So, I want to find strings in a text. The text can contain multiple lines. The strings can be delimited by custom delimiters - this should be parameterized. There can be multiple strings in the text, even in one line. For example: if the delimiter is (three double quatation marks): """
then in this text:
lorem ipsum """findthis""" "but not this" 'nor this' """anotherstringtofind"""
""blabla"" """yet another""""""text to find"""
It should find: findthis, anotherstringtofind, yet another, text to find. (Notice, that the delimiters are not present in the matched strings, although I can remove them using C#, if needed.)
I can do a similar thing, just for one character delimiters:
with regex: "[{0}](([^{0}])*)[{0}]"
Like this:
public static MatchCollection FindString(this string input, char delimeter, RegexOptions regexOptions = RegexOptions.Multiline)
{
var regexString = string.Format("[{0}](([^{0}])*)[{0}]", delimeter);
var rx = new Regex(regexString, regexOptions);
MatchCollection matches = rx.Matches(input);
return matches;
}
I guess, the solution would use look-ahead operators, but I could not figure out how to combine it with something, which has similar effect like [^]
in case of single characters. Is it even possible to "negate" a whole sequence of characters (to not put them into the matches)?
I think this question is similar, but I'm not familiar with Python.
Some clarification: My expectation is to use each and delimiter pair exactly once. So, e.g. this pass should pass:
var inputText = "??abc?? ??def?? ??xyz??";
var matches = inputText.FindString("??", RegexOptions.Singleline);
Assert.Equal(3, matches.Count);
Is it possible to solve this in C# using regex? Thank you in advance!
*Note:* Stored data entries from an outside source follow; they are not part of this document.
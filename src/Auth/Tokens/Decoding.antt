-- ===== src/Auth/Tokens/Decoding.antt =====
-- When a token decodes, and to what.
use text.Mathlib.Text.{◌==◌ as str_eq}
use attendence_v.Prelude.{
  ℕ, ◌*◌, ◌≤◌, ◌<◌, ◌≡◌, refl, subst, String, false, Option, none, some, arith,
}
use attendence_v.Redis.{second}
use attendence_v.Auth.Tokens.{TokenClaims, SecuritySettings, Jwt, check_schema, decode_token}

check_schema-some :
    (o : Option TokenClaims) (c : TokenClaims) → check_schema o ≡ some c → o ≡ some c
unfolding check_schema
check_schema-some none c h = h
check_schema-some (some x) c h = ground arith

module _ (jwt : Jwt) (settings : SecuritySettings) where
  -- A token of this audience and issuer decodes between its two moments.
  pub decode_token-encode :
      (t : ℕ) (c : TokenClaims)
      → c.aud ≡ settings.jwt_audience
      → c.iss ≡ settings.jwt_issuer
      → str_eq c.jti "" ≡ false
      → c.iat * second ≤ t
      → t < c.exp * second
      → decode_token jwt settings t (jwt.encode c) ≡ some c
  unfolding decode_token check_schema
  decode_token-encode t c audience issuer named begun early =
      rw
        (
          subst (λ i. jwt.decode t settings.jwt_audience i (jwt.encode c) ≡ some c) issuer
              (subst (λ a. jwt.decode t a c.iss (jwt.encode c) ≡ some c) audience
                (jwt.decode-encode t c begun early)),
          named,
        )
        refl

  pub decode_token_unexpired :
      (t : ℕ) (token : String) (c : TokenClaims)
      → decode_token jwt settings t token ≡ some c
      → t < c.exp * second
  unfolding decode_token
  decode_token_unexpired t token c h =
      jwt.decode_unexpired t settings.jwt_audience settings.jwt_issuer token c
        (check_schema-some _ c h)

  pub decode_token_same :
      (t t' : ℕ) (token : String) (c c' : TokenClaims)
      → decode_token jwt settings t token ≡ some c
      → decode_token jwt settings t' token ≡ some c'
      → c' ≡ c
  unfolding decode_token
  decode_token_same t t' token c c' h h' =
      jwt.decode_same t t' settings.jwt_audience settings.jwt_issuer token c c'
        (check_schema-some _ c h) (check_schema-some _ c' h')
You can use lazy quantifier instead of negated character class. In you example with """ it should lead to regex like """(.*?)"""
Also, notice that your current attempt incorrectly uses character classes for delimiters, as ["""]
is equivalent to ["]
, and in turn to simple "
. Use your delimiter as is, without any additional wrappers.
But don't forget to escape your delimiter before use in regex. So, that if you have delimiter like []
in regex it should be \[\]
.
Your method would look like this:
public static MatchCollection FindString(string input, string delimiter, RegexOptions regexOptions = RegexOptions.Multiline)
{
string pattern = string.Format("{0}(.*?){0}", Regex.Escape(delimiter));
var rx = new Regex(pattern, regexOptions);
return rx.Matches(input);
}
Is it even possible to "negate" a whole sequence of characters
Yes, it is possible: (?:(?!foo).)+
can be used to match something like this. Or for your example """(?:(?!""").)*"""
. But it would be way worse performance-wise comparing to simple lazy quantifier.